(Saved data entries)

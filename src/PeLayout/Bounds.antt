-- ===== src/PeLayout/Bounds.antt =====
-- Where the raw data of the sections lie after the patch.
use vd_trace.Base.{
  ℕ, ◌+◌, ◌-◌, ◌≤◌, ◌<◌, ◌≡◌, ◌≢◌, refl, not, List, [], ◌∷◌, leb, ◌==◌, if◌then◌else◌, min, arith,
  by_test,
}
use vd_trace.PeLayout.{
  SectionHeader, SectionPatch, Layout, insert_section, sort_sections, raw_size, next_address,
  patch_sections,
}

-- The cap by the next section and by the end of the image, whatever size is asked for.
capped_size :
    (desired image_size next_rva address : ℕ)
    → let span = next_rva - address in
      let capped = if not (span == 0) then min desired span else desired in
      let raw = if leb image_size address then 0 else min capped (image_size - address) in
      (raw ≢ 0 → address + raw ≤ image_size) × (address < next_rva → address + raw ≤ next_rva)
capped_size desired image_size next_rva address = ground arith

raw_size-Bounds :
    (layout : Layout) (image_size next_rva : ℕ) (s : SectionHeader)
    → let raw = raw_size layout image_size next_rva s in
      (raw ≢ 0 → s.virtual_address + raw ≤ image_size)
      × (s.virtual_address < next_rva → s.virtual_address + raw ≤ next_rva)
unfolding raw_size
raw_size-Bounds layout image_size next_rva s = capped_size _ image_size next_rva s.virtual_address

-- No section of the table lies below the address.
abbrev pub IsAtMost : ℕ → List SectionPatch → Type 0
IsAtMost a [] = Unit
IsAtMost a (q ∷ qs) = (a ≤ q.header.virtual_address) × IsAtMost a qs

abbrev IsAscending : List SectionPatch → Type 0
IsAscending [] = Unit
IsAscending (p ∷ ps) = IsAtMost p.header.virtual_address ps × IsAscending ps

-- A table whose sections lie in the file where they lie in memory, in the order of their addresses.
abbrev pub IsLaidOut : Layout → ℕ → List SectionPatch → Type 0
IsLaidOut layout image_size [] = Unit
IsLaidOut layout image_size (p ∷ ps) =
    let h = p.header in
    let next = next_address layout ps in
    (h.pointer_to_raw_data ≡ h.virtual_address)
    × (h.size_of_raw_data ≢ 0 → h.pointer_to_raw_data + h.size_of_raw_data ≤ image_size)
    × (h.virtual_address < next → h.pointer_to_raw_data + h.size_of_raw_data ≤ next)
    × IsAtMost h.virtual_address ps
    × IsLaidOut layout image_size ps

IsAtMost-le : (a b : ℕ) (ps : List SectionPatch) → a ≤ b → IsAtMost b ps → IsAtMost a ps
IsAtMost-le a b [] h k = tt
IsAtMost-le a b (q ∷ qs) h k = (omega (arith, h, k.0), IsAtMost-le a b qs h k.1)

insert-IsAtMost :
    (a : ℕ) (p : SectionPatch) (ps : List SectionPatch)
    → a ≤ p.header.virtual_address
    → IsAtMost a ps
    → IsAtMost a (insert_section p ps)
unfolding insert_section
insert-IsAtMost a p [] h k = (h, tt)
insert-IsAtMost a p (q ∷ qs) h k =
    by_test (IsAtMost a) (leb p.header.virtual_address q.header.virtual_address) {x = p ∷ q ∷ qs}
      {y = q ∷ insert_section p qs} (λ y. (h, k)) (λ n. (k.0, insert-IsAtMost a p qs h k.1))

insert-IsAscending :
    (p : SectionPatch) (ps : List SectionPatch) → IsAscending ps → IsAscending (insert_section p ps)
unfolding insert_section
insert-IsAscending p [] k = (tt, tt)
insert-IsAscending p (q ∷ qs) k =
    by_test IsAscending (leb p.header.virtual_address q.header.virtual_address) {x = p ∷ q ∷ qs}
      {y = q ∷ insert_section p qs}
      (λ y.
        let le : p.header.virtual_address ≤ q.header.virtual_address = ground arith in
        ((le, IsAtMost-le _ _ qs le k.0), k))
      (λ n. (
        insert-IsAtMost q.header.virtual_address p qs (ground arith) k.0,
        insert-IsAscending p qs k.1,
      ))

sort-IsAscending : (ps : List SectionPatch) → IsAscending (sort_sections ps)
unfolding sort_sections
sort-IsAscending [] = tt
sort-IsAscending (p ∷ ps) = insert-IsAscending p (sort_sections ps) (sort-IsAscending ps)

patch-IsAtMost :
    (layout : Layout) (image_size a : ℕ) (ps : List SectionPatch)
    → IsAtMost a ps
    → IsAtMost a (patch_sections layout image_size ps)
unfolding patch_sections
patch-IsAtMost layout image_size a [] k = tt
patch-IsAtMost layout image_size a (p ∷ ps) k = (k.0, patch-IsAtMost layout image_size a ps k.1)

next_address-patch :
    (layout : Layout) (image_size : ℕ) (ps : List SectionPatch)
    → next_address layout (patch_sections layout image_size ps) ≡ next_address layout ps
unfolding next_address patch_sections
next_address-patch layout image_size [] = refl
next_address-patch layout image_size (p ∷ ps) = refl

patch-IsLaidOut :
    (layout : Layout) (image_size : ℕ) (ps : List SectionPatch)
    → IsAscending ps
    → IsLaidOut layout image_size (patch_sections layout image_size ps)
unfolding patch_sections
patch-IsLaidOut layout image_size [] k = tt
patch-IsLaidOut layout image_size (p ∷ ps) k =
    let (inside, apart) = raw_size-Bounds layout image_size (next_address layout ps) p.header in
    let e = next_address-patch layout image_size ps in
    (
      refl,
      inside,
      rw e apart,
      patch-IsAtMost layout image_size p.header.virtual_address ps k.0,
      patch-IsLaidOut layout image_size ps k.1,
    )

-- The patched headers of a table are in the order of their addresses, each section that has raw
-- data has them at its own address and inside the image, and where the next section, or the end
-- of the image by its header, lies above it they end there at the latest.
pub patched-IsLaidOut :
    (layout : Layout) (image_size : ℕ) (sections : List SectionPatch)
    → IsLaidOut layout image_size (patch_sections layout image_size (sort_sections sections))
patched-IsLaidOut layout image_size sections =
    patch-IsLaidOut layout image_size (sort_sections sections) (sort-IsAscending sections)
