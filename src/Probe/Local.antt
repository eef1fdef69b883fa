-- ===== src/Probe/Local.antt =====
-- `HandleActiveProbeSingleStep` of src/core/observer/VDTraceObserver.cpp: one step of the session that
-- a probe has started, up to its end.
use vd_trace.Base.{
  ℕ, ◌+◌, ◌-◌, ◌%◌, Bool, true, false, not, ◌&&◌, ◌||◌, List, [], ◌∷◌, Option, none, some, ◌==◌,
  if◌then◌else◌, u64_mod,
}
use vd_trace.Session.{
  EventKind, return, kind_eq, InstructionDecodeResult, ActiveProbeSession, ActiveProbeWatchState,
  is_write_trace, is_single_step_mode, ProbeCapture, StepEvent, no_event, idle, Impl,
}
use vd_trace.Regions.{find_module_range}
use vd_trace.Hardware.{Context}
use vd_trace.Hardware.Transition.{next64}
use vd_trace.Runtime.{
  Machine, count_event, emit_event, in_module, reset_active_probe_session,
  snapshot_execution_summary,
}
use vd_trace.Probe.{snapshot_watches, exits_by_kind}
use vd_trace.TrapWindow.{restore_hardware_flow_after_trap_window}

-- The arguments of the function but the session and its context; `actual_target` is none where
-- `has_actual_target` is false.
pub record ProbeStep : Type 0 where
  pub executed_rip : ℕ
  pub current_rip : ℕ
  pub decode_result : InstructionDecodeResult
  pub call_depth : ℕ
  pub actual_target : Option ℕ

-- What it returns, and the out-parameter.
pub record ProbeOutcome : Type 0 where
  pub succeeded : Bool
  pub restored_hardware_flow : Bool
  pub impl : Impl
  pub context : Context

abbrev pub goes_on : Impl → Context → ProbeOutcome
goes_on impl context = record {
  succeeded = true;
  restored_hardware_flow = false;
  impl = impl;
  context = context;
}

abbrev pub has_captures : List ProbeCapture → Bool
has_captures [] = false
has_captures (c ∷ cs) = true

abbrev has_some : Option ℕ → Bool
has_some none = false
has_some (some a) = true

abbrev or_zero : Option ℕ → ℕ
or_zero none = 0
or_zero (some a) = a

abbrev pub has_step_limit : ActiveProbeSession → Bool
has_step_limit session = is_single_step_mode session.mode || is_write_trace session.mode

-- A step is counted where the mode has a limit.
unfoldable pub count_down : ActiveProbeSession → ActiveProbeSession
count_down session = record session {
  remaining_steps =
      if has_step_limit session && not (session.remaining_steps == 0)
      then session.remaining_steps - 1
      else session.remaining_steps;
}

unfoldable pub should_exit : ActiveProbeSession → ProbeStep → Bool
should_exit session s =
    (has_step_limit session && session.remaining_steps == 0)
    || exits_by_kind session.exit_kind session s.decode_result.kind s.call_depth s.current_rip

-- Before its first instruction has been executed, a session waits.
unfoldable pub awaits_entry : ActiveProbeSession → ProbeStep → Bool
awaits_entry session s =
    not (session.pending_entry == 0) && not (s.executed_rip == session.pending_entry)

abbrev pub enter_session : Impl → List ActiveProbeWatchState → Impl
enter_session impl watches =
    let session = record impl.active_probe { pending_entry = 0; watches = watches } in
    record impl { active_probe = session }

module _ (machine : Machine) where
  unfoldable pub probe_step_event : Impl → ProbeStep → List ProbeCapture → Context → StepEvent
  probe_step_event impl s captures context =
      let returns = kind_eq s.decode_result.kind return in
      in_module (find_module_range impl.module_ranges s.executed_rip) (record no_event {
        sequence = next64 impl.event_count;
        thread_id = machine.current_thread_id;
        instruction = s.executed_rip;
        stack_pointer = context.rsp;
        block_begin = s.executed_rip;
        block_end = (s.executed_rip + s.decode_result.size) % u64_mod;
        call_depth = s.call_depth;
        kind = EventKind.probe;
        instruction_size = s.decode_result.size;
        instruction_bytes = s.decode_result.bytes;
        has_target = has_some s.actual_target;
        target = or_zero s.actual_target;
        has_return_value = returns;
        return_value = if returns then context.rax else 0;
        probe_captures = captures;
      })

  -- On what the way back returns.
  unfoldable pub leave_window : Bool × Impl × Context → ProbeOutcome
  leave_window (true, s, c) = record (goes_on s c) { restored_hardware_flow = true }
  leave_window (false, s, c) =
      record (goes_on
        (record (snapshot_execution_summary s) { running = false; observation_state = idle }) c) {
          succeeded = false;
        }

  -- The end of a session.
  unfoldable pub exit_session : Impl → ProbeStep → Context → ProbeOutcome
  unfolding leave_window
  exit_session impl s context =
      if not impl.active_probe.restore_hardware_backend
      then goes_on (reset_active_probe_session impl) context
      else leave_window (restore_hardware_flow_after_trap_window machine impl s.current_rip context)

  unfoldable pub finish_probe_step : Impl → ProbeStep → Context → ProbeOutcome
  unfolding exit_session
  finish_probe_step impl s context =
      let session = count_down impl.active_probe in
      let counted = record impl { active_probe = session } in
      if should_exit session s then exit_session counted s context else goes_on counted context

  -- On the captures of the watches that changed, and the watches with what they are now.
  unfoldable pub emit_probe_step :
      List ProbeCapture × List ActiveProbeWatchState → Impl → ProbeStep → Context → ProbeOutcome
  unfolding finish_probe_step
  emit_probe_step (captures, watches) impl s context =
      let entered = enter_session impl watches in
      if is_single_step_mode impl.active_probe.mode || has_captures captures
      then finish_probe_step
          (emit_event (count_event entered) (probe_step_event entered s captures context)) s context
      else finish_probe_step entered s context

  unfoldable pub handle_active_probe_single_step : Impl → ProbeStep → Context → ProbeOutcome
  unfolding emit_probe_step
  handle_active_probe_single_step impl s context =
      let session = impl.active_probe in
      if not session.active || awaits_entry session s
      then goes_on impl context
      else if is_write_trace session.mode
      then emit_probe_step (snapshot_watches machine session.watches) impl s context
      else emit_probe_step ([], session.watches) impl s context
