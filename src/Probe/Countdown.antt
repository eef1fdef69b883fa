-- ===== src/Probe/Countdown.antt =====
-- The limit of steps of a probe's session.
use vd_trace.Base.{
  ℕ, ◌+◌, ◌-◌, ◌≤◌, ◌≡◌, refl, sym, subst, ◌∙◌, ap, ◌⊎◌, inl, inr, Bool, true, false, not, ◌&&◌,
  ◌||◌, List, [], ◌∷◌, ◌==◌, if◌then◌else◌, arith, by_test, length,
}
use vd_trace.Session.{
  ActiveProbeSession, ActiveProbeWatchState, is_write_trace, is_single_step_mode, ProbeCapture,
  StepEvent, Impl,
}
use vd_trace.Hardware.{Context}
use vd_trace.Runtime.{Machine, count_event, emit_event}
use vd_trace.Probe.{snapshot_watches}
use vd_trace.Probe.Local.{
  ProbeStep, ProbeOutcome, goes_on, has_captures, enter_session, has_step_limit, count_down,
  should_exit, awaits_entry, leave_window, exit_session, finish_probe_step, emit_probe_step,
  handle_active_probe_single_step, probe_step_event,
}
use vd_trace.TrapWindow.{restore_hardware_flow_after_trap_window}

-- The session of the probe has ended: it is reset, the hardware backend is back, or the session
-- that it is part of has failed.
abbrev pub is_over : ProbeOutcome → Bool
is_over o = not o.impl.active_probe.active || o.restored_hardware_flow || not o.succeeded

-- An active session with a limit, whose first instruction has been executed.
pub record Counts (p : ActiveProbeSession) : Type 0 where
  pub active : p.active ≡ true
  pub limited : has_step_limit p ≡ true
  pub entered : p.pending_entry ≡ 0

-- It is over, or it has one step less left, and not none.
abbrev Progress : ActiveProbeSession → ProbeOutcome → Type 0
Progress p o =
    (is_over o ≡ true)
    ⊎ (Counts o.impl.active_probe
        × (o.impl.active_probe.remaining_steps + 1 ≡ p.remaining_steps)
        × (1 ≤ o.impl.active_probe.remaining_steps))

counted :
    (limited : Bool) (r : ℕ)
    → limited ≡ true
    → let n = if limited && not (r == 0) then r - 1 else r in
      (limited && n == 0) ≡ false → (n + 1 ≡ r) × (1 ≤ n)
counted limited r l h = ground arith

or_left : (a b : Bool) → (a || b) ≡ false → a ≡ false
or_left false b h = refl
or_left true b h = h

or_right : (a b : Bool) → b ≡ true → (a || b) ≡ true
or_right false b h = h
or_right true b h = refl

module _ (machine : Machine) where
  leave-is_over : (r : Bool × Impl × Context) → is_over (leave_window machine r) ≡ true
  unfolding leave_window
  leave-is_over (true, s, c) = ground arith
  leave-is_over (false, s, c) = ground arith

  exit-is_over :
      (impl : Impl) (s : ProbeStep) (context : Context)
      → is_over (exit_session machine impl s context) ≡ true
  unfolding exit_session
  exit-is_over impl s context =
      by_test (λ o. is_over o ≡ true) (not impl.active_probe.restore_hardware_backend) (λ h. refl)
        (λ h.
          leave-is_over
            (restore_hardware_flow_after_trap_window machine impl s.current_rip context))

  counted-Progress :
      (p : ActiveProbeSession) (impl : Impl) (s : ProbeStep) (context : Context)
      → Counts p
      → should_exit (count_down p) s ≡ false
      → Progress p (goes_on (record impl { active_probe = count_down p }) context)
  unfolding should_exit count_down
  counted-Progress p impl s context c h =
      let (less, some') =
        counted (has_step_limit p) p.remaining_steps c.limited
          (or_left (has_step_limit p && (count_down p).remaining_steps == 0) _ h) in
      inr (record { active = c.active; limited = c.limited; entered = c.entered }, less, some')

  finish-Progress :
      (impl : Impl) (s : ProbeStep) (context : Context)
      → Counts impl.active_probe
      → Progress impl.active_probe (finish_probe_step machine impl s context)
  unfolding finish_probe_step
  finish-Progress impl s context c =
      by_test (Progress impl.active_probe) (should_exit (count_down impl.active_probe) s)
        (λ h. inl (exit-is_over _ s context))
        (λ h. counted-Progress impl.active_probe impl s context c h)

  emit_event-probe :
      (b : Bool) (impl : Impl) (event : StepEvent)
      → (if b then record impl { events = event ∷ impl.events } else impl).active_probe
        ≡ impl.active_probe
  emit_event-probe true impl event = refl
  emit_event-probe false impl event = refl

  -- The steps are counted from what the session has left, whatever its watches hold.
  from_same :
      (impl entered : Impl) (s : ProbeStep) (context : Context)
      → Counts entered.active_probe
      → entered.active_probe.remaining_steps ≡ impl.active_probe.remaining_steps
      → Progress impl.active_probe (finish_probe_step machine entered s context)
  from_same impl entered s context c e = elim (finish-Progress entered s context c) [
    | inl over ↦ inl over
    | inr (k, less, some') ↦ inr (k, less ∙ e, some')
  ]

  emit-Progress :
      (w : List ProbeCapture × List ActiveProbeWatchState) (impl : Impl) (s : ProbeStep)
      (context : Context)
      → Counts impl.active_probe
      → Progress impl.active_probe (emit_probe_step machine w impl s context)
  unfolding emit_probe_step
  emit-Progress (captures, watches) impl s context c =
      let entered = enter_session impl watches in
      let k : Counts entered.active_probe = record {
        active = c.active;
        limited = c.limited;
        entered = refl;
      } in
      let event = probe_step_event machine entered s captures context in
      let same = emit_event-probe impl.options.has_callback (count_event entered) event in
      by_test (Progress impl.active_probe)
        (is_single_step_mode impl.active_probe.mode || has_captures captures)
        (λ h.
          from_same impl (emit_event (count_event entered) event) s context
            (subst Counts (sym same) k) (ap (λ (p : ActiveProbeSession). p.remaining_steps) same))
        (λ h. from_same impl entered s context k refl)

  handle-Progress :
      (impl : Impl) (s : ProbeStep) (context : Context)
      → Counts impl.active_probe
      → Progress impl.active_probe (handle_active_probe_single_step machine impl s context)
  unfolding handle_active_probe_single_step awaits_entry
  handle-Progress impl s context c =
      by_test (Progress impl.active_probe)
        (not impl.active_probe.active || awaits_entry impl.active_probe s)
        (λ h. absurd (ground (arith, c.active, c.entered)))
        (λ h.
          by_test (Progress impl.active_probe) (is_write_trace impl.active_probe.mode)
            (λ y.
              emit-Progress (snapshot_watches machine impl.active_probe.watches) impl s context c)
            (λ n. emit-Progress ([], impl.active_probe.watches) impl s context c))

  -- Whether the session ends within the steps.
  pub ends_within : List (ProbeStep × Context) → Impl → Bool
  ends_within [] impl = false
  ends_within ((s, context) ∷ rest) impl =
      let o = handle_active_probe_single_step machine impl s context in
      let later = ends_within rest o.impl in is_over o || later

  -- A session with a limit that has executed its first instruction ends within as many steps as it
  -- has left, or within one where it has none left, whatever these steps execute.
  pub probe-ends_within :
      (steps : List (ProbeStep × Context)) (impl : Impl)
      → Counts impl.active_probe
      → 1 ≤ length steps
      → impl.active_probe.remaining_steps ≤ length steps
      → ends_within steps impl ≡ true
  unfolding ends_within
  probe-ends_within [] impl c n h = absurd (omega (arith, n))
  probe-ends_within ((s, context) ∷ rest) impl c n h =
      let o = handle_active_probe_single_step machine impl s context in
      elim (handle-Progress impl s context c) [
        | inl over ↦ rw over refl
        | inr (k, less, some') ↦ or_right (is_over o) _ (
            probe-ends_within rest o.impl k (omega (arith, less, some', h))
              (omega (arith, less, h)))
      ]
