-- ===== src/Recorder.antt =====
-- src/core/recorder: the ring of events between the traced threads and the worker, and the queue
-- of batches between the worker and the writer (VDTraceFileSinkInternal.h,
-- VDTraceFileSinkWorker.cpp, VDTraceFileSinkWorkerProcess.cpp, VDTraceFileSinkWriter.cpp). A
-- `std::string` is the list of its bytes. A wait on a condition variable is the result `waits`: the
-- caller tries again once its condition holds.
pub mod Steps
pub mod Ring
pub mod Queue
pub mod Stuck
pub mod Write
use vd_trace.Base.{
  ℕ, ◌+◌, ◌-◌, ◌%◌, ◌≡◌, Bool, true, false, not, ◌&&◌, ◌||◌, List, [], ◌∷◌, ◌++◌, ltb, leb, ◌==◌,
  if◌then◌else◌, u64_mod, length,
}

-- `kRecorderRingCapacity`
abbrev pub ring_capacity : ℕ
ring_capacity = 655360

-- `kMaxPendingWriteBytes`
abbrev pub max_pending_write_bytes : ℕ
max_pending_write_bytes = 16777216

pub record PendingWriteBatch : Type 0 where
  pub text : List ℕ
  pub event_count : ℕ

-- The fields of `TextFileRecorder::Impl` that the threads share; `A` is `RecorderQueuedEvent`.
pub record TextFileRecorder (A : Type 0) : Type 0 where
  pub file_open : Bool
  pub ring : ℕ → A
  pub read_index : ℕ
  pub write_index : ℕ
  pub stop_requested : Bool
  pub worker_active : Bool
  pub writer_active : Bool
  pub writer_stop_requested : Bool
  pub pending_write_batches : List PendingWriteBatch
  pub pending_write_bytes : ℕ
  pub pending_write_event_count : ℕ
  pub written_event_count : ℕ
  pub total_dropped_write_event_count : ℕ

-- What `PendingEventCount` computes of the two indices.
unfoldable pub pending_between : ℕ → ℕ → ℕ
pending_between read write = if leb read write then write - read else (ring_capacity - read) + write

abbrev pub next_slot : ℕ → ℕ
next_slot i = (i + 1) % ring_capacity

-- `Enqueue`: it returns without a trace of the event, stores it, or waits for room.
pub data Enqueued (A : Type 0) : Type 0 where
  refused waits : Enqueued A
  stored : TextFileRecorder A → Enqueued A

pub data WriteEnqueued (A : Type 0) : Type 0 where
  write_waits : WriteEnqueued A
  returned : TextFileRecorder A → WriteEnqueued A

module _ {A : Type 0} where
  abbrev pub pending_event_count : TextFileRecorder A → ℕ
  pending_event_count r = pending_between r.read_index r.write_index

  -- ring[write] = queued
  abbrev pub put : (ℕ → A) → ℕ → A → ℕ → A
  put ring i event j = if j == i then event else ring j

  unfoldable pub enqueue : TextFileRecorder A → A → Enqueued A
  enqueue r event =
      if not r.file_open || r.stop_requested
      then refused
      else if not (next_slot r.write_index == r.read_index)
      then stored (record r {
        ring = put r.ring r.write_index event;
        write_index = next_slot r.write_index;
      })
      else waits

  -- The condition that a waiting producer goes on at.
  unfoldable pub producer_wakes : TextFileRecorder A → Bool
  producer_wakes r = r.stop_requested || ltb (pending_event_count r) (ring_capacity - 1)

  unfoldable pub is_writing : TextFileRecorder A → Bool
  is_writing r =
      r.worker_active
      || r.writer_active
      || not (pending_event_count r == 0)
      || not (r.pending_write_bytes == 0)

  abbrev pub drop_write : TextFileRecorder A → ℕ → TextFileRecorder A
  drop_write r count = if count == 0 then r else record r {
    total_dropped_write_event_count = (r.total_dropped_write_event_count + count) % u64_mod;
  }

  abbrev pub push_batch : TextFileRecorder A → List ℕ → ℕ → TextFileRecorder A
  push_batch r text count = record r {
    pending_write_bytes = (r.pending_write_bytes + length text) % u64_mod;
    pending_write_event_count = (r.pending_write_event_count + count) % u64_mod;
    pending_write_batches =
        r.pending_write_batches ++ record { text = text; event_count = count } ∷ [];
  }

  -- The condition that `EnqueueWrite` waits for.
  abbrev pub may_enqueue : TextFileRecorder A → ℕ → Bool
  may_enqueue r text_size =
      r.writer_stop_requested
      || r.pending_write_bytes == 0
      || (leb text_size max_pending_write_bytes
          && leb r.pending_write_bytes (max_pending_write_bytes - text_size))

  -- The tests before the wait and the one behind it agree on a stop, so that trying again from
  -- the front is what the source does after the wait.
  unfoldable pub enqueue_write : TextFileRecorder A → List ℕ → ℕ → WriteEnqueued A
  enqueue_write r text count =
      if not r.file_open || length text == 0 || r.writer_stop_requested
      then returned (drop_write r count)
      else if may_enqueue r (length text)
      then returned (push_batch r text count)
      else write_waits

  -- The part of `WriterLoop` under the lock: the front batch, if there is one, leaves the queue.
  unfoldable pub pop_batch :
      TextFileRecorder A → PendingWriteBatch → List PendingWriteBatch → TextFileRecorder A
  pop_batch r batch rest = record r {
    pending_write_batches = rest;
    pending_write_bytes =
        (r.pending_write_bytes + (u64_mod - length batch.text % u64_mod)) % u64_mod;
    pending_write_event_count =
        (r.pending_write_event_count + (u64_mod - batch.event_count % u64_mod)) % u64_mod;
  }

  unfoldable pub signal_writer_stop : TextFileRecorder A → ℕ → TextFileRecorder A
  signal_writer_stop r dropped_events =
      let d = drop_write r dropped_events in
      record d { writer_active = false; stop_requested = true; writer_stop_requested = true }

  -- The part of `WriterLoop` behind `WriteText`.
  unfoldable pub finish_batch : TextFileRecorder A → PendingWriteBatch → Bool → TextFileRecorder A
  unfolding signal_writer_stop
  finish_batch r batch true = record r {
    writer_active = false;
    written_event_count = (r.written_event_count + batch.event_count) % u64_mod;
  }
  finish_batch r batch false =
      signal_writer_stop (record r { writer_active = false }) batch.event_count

• [How to complete this task]:
Give back exactly the lines above starting at the line where "-- The end of a session." appears and ending at the line where "emit_probe_step (captures, watches)" appears, both included, with no other lines.

• [Answer section]:
  -- The end of a session.
  unfoldable pub exit_session : Impl → ProbeStep → Context → ProbeOutcome
  unfolding leave_window
  exit_session impl s context =
      if not impl.active_probe.restore_hardware_backend
      then goes_on (reset_active_probe_session impl) context
      else leave_window (restore_hardware_flow_after_trap_window machine impl s.current_rip context)

  unfoldable pub finish_probe_step : Impl → ProbeStep → Context → ProbeOutcome
  unfolding exit_session
  finish_probe_step impl s context =
      let session = count_down impl.active_probe in
      let counted = record impl { active_probe = session } in
      if should_exit session s then exit_session counted s context else goes_on counted context

  -- On the captures of the watches that changed, and the watches with what they are now.
  unfoldable pub emit_probe_step :
      List ProbeCapture × List ActiveProbeWatchState → Impl → ProbeStep → Context → ProbeOutcome
  unfolding finish_probe_step
  emit_probe_step (captures, watches) impl s context =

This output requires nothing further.